TASK OBJECTIVE: The lines from the start of the data through the line containing "unfolding utf8_prev_boundary" are to be reproduced exactly, both ends included.

[Saved entries]
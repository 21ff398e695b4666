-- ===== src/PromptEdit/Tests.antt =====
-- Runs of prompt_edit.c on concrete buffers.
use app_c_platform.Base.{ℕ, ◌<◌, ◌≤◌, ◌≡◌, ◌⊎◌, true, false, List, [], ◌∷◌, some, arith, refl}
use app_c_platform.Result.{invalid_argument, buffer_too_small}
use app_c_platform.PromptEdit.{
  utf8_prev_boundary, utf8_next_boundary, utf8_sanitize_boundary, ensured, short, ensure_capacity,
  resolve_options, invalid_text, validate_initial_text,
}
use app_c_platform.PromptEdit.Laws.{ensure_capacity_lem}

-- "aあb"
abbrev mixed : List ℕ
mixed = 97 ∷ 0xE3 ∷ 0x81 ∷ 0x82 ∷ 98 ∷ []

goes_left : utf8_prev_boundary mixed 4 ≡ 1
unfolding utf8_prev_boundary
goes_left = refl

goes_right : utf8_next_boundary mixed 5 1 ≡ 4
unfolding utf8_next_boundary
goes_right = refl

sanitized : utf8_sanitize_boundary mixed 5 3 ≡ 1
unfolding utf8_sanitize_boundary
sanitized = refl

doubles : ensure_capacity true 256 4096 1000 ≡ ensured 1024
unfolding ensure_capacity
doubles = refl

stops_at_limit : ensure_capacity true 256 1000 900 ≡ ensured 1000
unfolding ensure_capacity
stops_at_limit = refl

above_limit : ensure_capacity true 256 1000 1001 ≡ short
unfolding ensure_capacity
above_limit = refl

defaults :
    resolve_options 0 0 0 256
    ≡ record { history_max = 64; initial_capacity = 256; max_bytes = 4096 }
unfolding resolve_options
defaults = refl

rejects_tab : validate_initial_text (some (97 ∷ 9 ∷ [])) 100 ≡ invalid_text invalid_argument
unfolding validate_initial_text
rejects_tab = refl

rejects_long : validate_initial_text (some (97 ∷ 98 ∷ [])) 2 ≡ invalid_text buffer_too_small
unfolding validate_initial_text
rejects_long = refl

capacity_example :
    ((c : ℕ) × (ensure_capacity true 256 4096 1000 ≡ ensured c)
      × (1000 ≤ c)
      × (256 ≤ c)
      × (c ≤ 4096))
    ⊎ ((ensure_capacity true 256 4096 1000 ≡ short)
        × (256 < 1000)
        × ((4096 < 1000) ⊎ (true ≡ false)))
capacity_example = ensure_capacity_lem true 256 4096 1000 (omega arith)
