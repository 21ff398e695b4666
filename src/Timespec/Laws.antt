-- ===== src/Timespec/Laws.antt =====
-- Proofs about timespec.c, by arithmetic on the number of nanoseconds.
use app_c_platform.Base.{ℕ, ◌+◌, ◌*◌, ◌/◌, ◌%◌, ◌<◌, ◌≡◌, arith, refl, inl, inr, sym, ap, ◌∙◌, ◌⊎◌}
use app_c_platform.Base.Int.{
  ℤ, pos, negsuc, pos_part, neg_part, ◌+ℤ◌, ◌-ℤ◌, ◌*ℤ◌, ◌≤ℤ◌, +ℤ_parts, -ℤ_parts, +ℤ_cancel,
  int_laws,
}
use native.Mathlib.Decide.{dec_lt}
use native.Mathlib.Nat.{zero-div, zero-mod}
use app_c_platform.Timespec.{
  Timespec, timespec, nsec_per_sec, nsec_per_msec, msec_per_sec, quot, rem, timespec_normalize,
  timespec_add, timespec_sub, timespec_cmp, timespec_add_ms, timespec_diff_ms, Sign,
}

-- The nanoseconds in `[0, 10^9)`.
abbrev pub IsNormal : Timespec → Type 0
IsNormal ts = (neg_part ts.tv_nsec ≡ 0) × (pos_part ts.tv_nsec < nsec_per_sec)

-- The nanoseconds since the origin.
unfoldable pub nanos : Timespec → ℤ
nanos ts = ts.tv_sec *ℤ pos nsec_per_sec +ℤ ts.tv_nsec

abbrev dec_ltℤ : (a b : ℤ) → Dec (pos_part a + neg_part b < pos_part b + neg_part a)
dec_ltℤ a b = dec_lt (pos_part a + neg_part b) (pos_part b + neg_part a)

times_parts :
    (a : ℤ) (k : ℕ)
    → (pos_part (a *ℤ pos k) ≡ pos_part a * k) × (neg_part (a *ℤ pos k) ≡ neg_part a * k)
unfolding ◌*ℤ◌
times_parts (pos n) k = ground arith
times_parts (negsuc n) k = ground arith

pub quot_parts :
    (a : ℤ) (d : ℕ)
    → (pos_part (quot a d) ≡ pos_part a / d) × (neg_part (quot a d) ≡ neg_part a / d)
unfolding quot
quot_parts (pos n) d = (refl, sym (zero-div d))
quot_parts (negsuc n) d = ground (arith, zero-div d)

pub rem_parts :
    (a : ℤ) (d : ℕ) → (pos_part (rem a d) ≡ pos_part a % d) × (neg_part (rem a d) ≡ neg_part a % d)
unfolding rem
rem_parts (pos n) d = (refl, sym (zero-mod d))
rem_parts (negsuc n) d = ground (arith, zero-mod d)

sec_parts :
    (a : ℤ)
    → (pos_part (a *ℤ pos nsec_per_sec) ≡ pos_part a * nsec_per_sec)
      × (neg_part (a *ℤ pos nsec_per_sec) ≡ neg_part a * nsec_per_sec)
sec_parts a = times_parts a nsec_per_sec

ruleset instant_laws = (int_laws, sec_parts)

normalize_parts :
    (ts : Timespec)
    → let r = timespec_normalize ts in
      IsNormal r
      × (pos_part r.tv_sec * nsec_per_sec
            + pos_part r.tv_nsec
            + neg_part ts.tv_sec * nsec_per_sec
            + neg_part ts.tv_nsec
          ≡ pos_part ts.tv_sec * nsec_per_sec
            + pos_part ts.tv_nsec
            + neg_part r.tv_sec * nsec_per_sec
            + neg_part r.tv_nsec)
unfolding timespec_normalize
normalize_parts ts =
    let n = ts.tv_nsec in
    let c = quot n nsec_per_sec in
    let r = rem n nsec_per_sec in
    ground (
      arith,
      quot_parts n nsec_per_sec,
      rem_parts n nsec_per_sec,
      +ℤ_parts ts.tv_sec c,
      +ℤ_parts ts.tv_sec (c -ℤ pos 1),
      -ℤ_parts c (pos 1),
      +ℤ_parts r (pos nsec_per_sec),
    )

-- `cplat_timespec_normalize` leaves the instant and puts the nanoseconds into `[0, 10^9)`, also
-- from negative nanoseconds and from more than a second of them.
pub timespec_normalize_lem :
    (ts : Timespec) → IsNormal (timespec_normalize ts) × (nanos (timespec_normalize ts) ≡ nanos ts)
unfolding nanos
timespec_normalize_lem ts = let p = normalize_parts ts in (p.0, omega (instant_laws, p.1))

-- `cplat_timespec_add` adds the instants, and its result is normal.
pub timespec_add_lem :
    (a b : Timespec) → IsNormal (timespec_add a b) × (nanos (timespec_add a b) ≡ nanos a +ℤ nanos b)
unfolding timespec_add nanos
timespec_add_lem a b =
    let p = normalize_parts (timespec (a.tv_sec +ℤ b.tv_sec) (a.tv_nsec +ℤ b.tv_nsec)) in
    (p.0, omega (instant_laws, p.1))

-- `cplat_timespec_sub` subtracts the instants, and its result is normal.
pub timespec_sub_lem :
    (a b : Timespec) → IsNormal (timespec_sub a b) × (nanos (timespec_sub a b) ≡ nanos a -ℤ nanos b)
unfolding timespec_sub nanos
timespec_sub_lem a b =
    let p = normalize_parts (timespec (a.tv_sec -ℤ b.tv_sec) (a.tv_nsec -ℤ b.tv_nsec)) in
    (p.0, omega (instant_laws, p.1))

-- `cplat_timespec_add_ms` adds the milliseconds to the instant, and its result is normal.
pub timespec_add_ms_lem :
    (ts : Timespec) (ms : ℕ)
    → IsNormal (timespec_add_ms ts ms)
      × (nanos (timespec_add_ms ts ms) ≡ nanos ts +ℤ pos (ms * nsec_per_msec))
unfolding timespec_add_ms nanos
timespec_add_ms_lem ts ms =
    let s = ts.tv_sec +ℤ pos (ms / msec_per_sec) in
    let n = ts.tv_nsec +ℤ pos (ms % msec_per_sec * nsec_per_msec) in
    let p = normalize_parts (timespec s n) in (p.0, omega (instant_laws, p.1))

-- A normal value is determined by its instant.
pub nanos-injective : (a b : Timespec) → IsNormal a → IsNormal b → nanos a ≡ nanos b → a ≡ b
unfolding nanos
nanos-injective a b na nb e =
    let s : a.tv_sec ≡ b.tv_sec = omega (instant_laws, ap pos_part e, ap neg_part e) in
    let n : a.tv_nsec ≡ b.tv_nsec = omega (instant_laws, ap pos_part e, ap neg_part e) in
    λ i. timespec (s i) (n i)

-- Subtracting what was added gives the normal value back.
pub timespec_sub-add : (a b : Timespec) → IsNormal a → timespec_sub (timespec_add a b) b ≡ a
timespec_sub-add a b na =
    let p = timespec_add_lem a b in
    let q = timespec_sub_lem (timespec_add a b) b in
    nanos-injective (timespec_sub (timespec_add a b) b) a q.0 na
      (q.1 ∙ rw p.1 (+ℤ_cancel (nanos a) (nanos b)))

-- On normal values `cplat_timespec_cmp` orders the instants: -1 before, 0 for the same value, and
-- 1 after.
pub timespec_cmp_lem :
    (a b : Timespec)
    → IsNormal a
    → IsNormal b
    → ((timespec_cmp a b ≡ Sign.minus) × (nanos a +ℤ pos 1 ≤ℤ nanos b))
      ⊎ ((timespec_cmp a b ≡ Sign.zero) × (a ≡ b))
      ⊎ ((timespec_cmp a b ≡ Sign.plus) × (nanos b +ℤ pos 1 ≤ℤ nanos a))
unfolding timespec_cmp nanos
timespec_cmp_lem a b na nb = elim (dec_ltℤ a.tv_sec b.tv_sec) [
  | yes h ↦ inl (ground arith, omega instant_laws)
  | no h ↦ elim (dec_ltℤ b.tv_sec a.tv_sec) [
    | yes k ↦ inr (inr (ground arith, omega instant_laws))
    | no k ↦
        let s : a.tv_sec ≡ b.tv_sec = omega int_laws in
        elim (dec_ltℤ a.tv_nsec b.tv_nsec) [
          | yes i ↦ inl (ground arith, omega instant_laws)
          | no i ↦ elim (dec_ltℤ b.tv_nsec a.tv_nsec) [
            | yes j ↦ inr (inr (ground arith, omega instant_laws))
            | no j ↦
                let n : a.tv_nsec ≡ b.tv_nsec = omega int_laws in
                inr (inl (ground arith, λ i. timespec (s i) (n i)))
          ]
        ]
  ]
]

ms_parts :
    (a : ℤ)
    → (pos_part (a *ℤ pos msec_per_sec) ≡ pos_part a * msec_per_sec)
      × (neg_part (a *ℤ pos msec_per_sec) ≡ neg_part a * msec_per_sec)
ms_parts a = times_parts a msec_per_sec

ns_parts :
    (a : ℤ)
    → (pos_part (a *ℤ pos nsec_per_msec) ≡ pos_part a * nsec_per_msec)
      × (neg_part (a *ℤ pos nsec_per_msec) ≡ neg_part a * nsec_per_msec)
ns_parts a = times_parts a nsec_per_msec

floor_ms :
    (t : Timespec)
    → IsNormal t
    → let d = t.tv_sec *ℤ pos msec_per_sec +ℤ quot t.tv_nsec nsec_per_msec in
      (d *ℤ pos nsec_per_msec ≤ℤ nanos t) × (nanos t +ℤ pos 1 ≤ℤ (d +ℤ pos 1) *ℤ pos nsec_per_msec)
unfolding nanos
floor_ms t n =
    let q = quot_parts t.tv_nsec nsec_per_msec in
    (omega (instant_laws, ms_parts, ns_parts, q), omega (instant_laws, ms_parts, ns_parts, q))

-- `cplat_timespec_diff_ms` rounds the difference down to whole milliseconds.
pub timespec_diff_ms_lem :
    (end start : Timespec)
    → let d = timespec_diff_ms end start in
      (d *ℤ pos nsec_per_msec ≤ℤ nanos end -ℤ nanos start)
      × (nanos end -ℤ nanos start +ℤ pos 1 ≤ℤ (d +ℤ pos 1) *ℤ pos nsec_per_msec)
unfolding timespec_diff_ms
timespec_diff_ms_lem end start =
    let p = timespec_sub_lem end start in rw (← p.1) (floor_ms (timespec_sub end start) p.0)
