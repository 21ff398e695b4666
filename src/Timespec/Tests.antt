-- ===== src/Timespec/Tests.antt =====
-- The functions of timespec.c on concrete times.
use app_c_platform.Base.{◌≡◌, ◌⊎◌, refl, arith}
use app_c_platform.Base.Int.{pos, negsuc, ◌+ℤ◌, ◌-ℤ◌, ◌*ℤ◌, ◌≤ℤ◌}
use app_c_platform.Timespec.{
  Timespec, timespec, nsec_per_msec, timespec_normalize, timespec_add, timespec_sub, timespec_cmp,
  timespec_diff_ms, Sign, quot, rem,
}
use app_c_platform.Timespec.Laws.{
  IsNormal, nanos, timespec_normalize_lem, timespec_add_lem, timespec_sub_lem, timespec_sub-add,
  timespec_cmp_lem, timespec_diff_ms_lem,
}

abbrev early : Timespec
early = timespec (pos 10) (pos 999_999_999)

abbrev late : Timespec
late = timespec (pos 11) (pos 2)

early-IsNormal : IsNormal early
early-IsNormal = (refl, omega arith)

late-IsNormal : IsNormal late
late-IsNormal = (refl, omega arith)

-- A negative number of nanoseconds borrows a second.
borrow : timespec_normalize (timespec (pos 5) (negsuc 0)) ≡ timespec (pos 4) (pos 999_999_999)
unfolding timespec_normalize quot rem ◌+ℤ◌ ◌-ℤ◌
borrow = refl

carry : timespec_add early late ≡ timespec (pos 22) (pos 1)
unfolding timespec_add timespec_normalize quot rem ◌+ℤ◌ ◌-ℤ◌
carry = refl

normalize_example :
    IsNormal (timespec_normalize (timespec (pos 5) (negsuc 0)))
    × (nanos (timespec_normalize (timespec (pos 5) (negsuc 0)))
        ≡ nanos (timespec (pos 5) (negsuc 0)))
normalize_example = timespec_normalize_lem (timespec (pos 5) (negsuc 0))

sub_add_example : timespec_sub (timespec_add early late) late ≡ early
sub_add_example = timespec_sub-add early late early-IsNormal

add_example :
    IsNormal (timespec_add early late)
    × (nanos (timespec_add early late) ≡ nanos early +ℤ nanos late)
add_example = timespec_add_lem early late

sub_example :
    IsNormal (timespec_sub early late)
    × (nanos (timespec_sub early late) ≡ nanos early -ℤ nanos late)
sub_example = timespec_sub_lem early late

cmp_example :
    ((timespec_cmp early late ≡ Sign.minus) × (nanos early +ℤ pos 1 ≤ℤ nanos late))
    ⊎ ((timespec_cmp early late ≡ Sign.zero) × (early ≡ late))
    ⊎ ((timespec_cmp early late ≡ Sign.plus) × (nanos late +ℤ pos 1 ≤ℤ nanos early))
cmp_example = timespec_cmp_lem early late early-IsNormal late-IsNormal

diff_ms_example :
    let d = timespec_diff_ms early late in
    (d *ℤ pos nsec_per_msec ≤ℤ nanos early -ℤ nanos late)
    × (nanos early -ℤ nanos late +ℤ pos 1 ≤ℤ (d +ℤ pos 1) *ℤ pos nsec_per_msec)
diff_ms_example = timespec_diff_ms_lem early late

OUTPUT FOR THIS EXERCISE:
repository 21ff398e695b4666
-- ===== src/PromptEdit/Tests.antt =====
-- Runs of prompt_edit.c on concrete buffers.
use app_c_platform.Base.{ℕ, ◌<◌, ◌≤◌, ◌≡◌, ◌⊎◌, true, false, List, [], ◌∷◌, some, arith, refl}
use app_c_platform.Result.{invalid_argument, buffer_too_small}
use app_c_platform.PromptEdit.{
  utf8_prev_boundary, utf8_next_boundary, utf8_sanitize_boundary, ensured, short, ensure_capacity,
  resolve_options, invalid_text, validate_initial_text,
}
use app_c_platform.PromptEdit.Laws.{ensure_capacity_lem}

-- "aあb"
abbrev mixed : List ℕ
mixed = 97 ∷ 0xE3 ∷ 0x81 ∷ 0x82 ∷ 98 ∷ []

goes_left : utf8_prev_boundary mixed 4 ≡ 1
unfolding utf8_prev_boundary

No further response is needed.